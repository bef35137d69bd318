-- ===== src/Tasks/Jobs/Spending.antt =====
-- near-fetch/src/lib.rs: the nonces that tasks have taken, when a transaction is sent and when a key
-- is invalidated.
use near_fetch.Prelude.{
  ℕ, List, ◌∷◌, none, some, ◌≡◌, ◌≢◌, sym, ◌∙◌, ap, arith, suc, remove, lookup-remove_ne, inl, inr,
}
use near_fetch.Near.{Near}
use near_fetch.Near.Requests.{SignedTransaction}
use near_fetch.Effects.{CacheKey, cache_key_eq, Nonces, update}
use near_fetch.Tasks.Jobs.{Ticket, bump, Stage, Jobs, put}
use near_fetch.Tasks.Jobs.Tickets.{
  Sent, ticket_of, IsOld, IsSound, weaken-IsSound, keep-had, update-cases,
}

module _ ⦃near : Near⦄ where
  -- The task sends what it has the ticket for.
  pub send-IsSound :
      {nonces : Nonces} {epoch : CacheKey → ℕ} {stage : ℕ → Stage} {sent : List Sent} (i : ℕ)
      (p : Stage) (c : Ticket) (tx : SignedTransaction)
      → ticket_of (stage i) ≡ some c
      → ticket_of p ≡ none
      → IsSound nonces epoch stage sent
      → IsSound nonces epoch (update stage i p) ((c, tx) ∷ sent)
  send-IsSound {stage} i p c tx has gone sound =
      let kept =
        weaken-IsSound (λ d old. old) (keep-had stage i p (λ d got. ground (arith, gone))) sound in
      record {
        old = kept.old;
        sent_old = (sound.old i c has, sound.sent_old);
        apart = kept.apart;
        unsent = λ j d got. (
          elim (update-cases stage i p j d got) [
            | inl (e, got) ↦ absurd (ground (arith, gone))
            | inr (ne, got) ↦ sound.apart j i d c (λ e. ne (sym e)) got has
          ],
          kept.unsent j d got,
        );
        pairwise = (sound.unsent i c has, sound.pairwise);
      }

  bump_self : (k : CacheKey) (epoch : CacheKey → ℕ) → bump k epoch k ≡ suc (epoch k)
  bump_self k epoch = ground arith

  bump_ne : (q k : CacheKey) (epoch : CacheKey → ℕ) → q ≢ k → bump k epoch q ≡ epoch q
  bump_ne q k epoch ne = ground arith

  -- The key is invalidated.
  pub forget-IsOld :
      (k : CacheKey) (nonces : Nonces) (epoch : CacheKey → ℕ) (c : Ticket)
      → IsOld nonces epoch c
      → IsOld (remove cache_key_eq k nonces) (bump k epoch) c
  forget-IsOld k nonces epoch c old = elim (cache_key_eq c.key k) [
    | yes e ↦
        let bumped : bump k epoch c.key ≡ suc (epoch c.key) =
          ap (λ q. bump k epoch q) e ∙ bump_self k epoch ∙ ap (λ q. suc (epoch q)) (sym e) in
        (omega (arith, old.0, bumped), λ same. absurd (omega (arith, old.0, bumped, same)))
    | no ne ↦
        let bumped = bump_ne c.key k epoch ne in
        (
          omega (arith, old.0, bumped),
          λ same.
              let (h, found, le) = old.1 (same ∙ bumped) in
              (h, lookup-remove_ne cache_key_eq c.key k nonces ne ∙ found, le),
        )
  ]

  abbrev pub IsSoundAt : Jobs → Type 0
  IsSoundAt s = IsSound s.cache.nonces s.epoch s.stage s.sent

  -- The cache keeps its nonces, and the task its ticket, or drops it.
  pub put-IsSoundAt :
      (i : ℕ) (p : Stage) (s : Jobs)
      → ((c : Ticket) → ticket_of p ≡ some c → ticket_of (s.stage i) ≡ some c)
      → IsSoundAt s
      → IsSoundAt (put i p s)
  put-IsSoundAt i p s keeps sound = weaken-IsSound (λ c old. old) (keep-had s.stage i p keeps) sound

◆ ◆ ◆ ◆

Whatever appears in the data above should be set down again exactly.

## Solved problem
repository bef35137d69bd318
-- ===== src/Tasks/Jobs/Spending.antt =====
-- near-fetch/src/lib.rs: the nonces that tasks have taken, when a transaction is sent and when a key
-- is invalidated.
use near_fetch.Prelude.{
  ℕ, List, ◌∷◌, none, some, ◌≡◌, ◌≢◌, sym, ◌∙◌, ap, arith, suc, remove, lookup-remove_ne, inl, inr,
}
use near_fetch.Near.{Near}
use near_fetch.Near.Requests.{SignedTransaction}
use near_fetch.Effects.{CacheKey, cache_key_eq, Nonces, update}
use near_fetch.Tasks.Jobs.{Ticket, bump, Stage, Jobs, put}
use near_fetch.Tasks.Jobs.Tickets.{
  Sent, ticket_of, IsOld, IsSound, weaken-IsSound, keep-had, update-cases,
}

module _ ⦃near : Near⦄ where
  -- The task sends what it has the ticket for.
  pub send-IsSound :
      {nonces : Nonces} {epoch : CacheKey → ℕ} {stage : ℕ → Stage} {sent : List Sent} (i : ℕ)
      (p : Stage) (c : Ticket) (tx : SignedTransaction)
      → ticket_of (stage i) ≡ some c
      → ticket_of p ≡ none
      → IsSound nonces epoch stage sent
      → IsSound nonces epoch (update stage i p) ((c, tx) ∷ sent)
  send-IsSound {stage} i p c tx has gone sound =
      let kept =
        weaken-IsSound (λ d old. old) (keep-had stage i p (λ d got. ground (arith, gone))) sound in
      record {
        old = kept.old;
        sent_old = (sound.old i c has, sound.sent_old);
        apart = kept.apart;
        unsent = λ j d got. (
          elim (update-cases stage i p j d got) [
            | inl (e, got) ↦ absurd (ground (arith, gone))
            | inr (ne, got) ↦ sound.apart j i d c (λ e. ne (sym e)) got has
          ],
          kept.unsent j d got,
        );
        pairwise = (sound.unsent i c has, sound.pairwise);
      }

  bump_self : (k : CacheKey) (epoch : CacheKey → ℕ) → bump k epoch k ≡ suc (epoch k)
  bump_self k epoch = ground arith

  bump_ne : (q k : CacheKey) (epoch : CacheKey → ℕ) → q ≢ k → bump k epoch q ≡ epoch q
  bump_ne q k epoch ne = ground arith

  -- The key is invalidated.
  pub forget-IsOld :
      (k : CacheKey) (nonces : Nonces) (epoch : CacheKey → ℕ) (c : Ticket)
      → IsOld nonces epoch c
      → IsOld (remove cache_key_eq k nonces) (bump k epoch) c
  forget-IsOld k nonces epoch c old = elim (cache_key_eq c.key k) [
    | yes e ↦
        let bumped : bump k epoch c.key ≡ suc (epoch c.key) =
          ap (λ q. bump k epoch q) e ∙ bump_self k epoch ∙ ap (λ q. suc (epoch q)) (sym e) in
        (omega (arith, old.0, bumped), λ same. absurd (omega (arith, old.0, bumped, same)))
    | no ne ↦
        let bumped = bump_ne c.key k epoch ne in
        (
          omega (arith, old.0, bumped),
          λ same.
              let (h, found, le) = old.1 (same ∙ bumped) in
              (h, lookup-remove_ne cache_key_eq c.key k nonces ne ∙ found, le),
        )
  ]

  abbrev pub IsSoundAt : Jobs → Type 0
  IsSoundAt s = IsSound s.cache.nonces s.epoch s.stage s.sent

  -- The cache keeps its nonces, and the task its ticket, or drops it.
  pub put-IsSoundAt :
      (i : ℕ) (p : Stage) (s : Jobs)
      → ((c : Ticket) → ticket_of p ≡ some c → ticket_of (s.stage i) ≡ some c)
      → IsSoundAt s
      → IsSoundAt (put i p s)
  put-IsSoundAt i p s keeps sound = weaken-IsSound (λ c old. old) (keep-had s.stage i p keeps) sound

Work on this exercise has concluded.